ZORBS13 SparkPoints: (196,558)
Fitness Minutes: (191,830)
Posts: 15,853
3/2/13 11:49 A

ask yourself: What would be the benefits of giving up?

and then, what would be the benefits of keeping on your lifestyle change?

That said, at your weight, you are most likely not eating enough.

Final thought: set some goals that are not weight related.
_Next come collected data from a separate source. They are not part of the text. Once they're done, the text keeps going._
-- ===== src/Lint/Directives.antt =====
-- What `parse_suppression_directives` of src/lint.rs reads.
use bbtidy.Base.{
  ℕ, ◌+◌, ◌≤◌, ◌<◌, ◌≡◌, ◌⊎◌, refl, sym, ap, ◌∙◌, Option, none, some, Bool, true, false, [], ◌∷◌,
  length, length-append, length-drop, drop, is_empty, is_some, Bool-cases, Option-cases, inl, inr,
  ◌==◌, arith,
}
use bbtidy.Text.{
  Text, text, text_eq, find_byte, strip_prefix, strip_suffix, strip_suffix-some, trim,
}
use bbtidy.Text.Search.{find_byte-drop}
use bbtidy.Syntax.Tree.{TextRange, range}
use bbtidy.Lint.Suppression.{
  SuppressionKind, same_line, next_line, file, SuppressionDirective, split_once, bare_line,
  unwrap_or, without_suffix, is_known_rule, reason_of, Command, directs, rejects, command_kind,
  Reading, rule_problem, read_rule, read_command, read_directive, line_directive,
}

-- A directive for a whole file is on its first line.
abbrev pub is_placed : SuppressionKind → ℕ → Bool
is_placed same_line line = true
is_placed next_line line = true
is_placed file line = line == 1

-- A directive that is not in error: a known rule other than that of the directives, and a reason.
abbrev pub IsValid : SuppressionDirective → Type 0
IsValid s =
    (rule_id : Text) × (reason : Text) × (s.rule_id ≡ some rule_id)
    × (s.reason ≡ some reason)
    × (is_known_rule rule_id ≡ true)
    × (text_eq rule_id (text "BBT038") ≡ false)
    × (is_empty reason ≡ false)
    × (is_placed s.kind s.line ≡ true)

-- A directive as it is read: not used, in error or valid, and within `first` and `last`.
abbrev pub IsRead : ℕ → ℕ → SuppressionDirective → Type 0
IsRead first last s =
    (s.used ≡ false)
    × ((is_some s.problem ≡ true) ⊎ IsValid s)
    × (first ≤ s.span.start)
    × (s.span.start ≤ s.span.end)
    × (s.span.end ≤ last)

-- What holds of a directive wherever it stands, with its counts.
abbrev Sound : TextRange → Reading → Type 0
Sound span r =
    (r.directive.used ≡ false)
    × ((is_some r.directive.problem ≡ true) ⊎ IsValid r.directive)
    × (r.directive.span ≡ span)
    × (r.malformed + r.unknown_rules ≤ 1)

reason_of_lem : (suffix reason : Text) → reason_of suffix ≡ some reason → is_empty reason ≡ false
unfolding reason_of strip_prefix
reason_of_lem suffix reason e = elim (Option-cases (strip_prefix suffix (text "--"))) [
  | inl f ↦ let q : ◌≡◌ {A = Option Text} none (some reason) = rw f at e in cc
  | inr (rest, f) ↦ elim (Bool-cases (is_empty (trim rest))) [
    | inl g ↦ let q : ◌≡◌ {A = Option Text} none (some reason) = rw g at (rw f at e) in cc
    | inr g ↦
        let q : ◌≡◌ {A = Option Text} (some (trim rest)) (some reason) = rw g at (rw f at e) in
        let same : trim rest ≡ reason = cc in sym (ap is_empty same) ∙ g
  ]
]

read_rule-Sound :
    (kind : SuppressionKind) (line_number : ℕ) (span : TextRange) (remainder : Text)
    → is_placed kind line_number ≡ true
    → Sound span (read_rule kind line_number span remainder)
unfolding read_rule rule_problem
read_rule-Sound kind line_number span remainder placed =
    elim (Option-cases (split_once remainder b']')) [
      | inl e ↦ rw (e, read_rule) (refl, inl refl, refl, omega arith)
      | inr (split, e) ↦ elim (Bool-cases (is_known_rule (trim split.0))) [
        | inr f ↦ rw (e, read_rule) (rw f (refl, inl refl, refl, omega arith))
        | inl f ↦ elim (Bool-cases (text_eq (trim split.0) (text "BBT038"))) [
          | inl g ↦ rw (e, read_rule) (rw f (rw g (refl, inl refl, refl, omega arith)))
          | inr g ↦ elim (Option-cases (reason_of (trim split.1))) [
            | inl h ↦ rw (e, read_rule) (rw f (rw g (rw h (refl, inl refl, refl, omega arith))))
            | inr (reason, h) ↦
                rw (e, read_rule)
                  (rw f (
                    rw g (
                      rw h (
                        refl,
                        inr (
                          trim split.0,
                          reason,
                          refl,
                          refl,
                          f,
                          g,
                          reason_of_lem (trim split.1) reason h,
                          placed,
                        ),
                        refl,
                        omega arith,
                      ))))
          ]
        ]
      ]
    ]

Placed : ℕ → Command → Type 0
Placed line_number (directs kind) = is_placed kind line_number ≡ true
Placed line_number (rejects kind message) = Unit

command_kind-Placed :
    (line_number : ℕ) (command : Text) → Placed line_number (command_kind line_number command)
unfolding command_kind Placed
command_kind-Placed line_number command = elim (Bool-cases (text_eq command (text "ignore"))) [
  | inl e ↦ rw (e, command_kind) refl
  | inr e ↦ elim (Bool-cases (text_eq command (text "ignore-next-line"))) [
    | inl f ↦ rw (e, command_kind) (rw f refl)
    | inr f ↦ elim (Bool-cases (text_eq command (text "disable-file"))) [
      | inr g ↦ rw (e, command_kind) (rw f (rw g tt))
      | inl g ↦ elim (Bool-cases (line_number == 1)) [
        | inl h ↦ rw (e, command_kind) (rw f (rw g (rw h h)))
        | inr h ↦ rw (e, command_kind) (rw f (rw g (rw h tt)))
      ]
    ]
  ]
]

read_command-Sound :
    (line_number : ℕ) (span : TextRange) (remainder : Text) (c : Command)
    → Placed line_number c
    → Sound span (read_command line_number span remainder c)
unfolding Placed read_command
read_command-Sound line_number span remainder (directs kind) placed =
    read_rule-Sound kind line_number span remainder placed
read_command-Sound line_number span remainder (rejects kind message) placed =
    (refl, inl refl, refl, omega arith)

read_directive-Sound :
    (line_number : ℕ) (span : TextRange) (payload : Text)
    → Sound span (read_directive line_number span payload)
unfolding read_directive
read_directive-Sound line_number span payload =
    elim (Option-cases (split_once (trim payload) b'[')) [
      | inl e ↦ rw (e, read_directive) (refl, inl refl, refl, omega arith)
      | inr (split, e) ↦
          rw (e, read_directive)
            (read_command-Sound line_number span split.1 (command_kind line_number (trim split.0))
              (command_kind-Placed line_number (trim split.0)))
    ]

unwrap_or-length :
    (s suffix : Text) (o : Option Text)
    → strip_suffix s suffix ≡ o
    → length (unwrap_or s o) ≤ length s
unwrap_or-length s suffix none e = omega arith
unwrap_or-length s suffix (some rest) e =
    omega (arith, ap length (strip_suffix-some s suffix rest e), length-append rest suffix)

bare_line-length : (raw_line : Text) → length (bare_line raw_line) ≤ length raw_line
bare_line-length raw_line =
    let once = without_suffix raw_line (b'\n' ∷ []) in
    omega (
      arith,
      unwrap_or-length raw_line (b'\n' ∷ []) (strip_suffix raw_line (b'\n' ∷ [])) refl,
      unwrap_or-length once (b'\r' ∷ []) (strip_suffix once (b'\r' ∷ [])) refl,
    )

find_byte-length : (s : Text) (b k : ℕ) → find_byte s b ≡ some k → k < length s
find_byte-length s b k e = omega (arith, ap length (find_byte-drop s b k e), length-drop k s)

-- The line that begins at `offset` and has `size` bytes.
abbrev pub LineRead : ℕ → ℕ → Option Reading → Type 0
LineRead offset size none = Unit
LineRead offset size (some r) =
    IsRead offset (offset + size) r.directive × (r.malformed + r.unknown_rules ≤ 1)

Sound-LineRead :
    (offset size : ℕ) (first last : ℕ) (r : Reading)
    → Sound (range first last) r
    → offset ≤ first
    → first ≤ last
    → last ≤ offset + size
    → LineRead offset size (some r)
Sound-LineRead offset size first last r (unused, read, same, counts) p q l =
    ((unused, read, rw same p, rw same q, rw same l), counts)

pub line_directive-LineRead :
    (line_number offset : ℕ) (raw_line : Text)
    → LineRead offset (length raw_line) (line_directive line_number offset raw_line)
unfolding line_directive
line_directive-LineRead line_number offset raw_line =
    let line = bare_line raw_line in
    elim (Option-cases (find_byte line b'#')) [
      | inl e ↦ rw (e, line_directive) tt
      | inr (hash, e) ↦ elim (Option-cases (strip_prefix (drop hash line) (text "# bbtidy:"))) [
        | inl f ↦ rw (e, line_directive) (rw f tt)
        | inr (payload, f) ↦
            let inside = find_byte-length line b'#' hash e in
            let short = bare_line-length raw_line in
            rw (e, line_directive)
              (rw f (
                Sound-LineRead offset (length raw_line) (offset + hash) (offset + length line)
                  (read_directive line_number (range (offset + hash) (offset + length line))
                    payload)
                  (read_directive-Sound line_number (range (offset + hash) (offset + length line))
                    payload)
                  (omega arith) (omega arith) (omega arith)))
      ]
    ]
Edited by: ZORBS13 at: 3/2/2013 (11:50)
NANILOVE331 SparkPoints: (26)
Fitness Minutes: (40)
Posts: 4
3/2/13 11:30 A

I been workin out since jan 2nd I don't know what my start weight was but when I bought a scale around jan 15 I weighed 326 , now my weight is 321 ! I'm eatin no more than 1400 on a bad day and do cardia 40 min a day 5 days a week ! I'm pretty sure I can't plateau this soon , I haven't measure my body due to the fact I don't have measuring tape ( which I'm getting today ) but why aren't the numbers going down ! People " say " they see a difference but I don't . Also I just had a baby June of 2012 and also march of 2011 , so maybe that can play a part but I don't believe so . I seriously wanna give up , also the fact that my husband does exactly what I do and lost over 20lbs doesn't make the situation bEtter! Any advice !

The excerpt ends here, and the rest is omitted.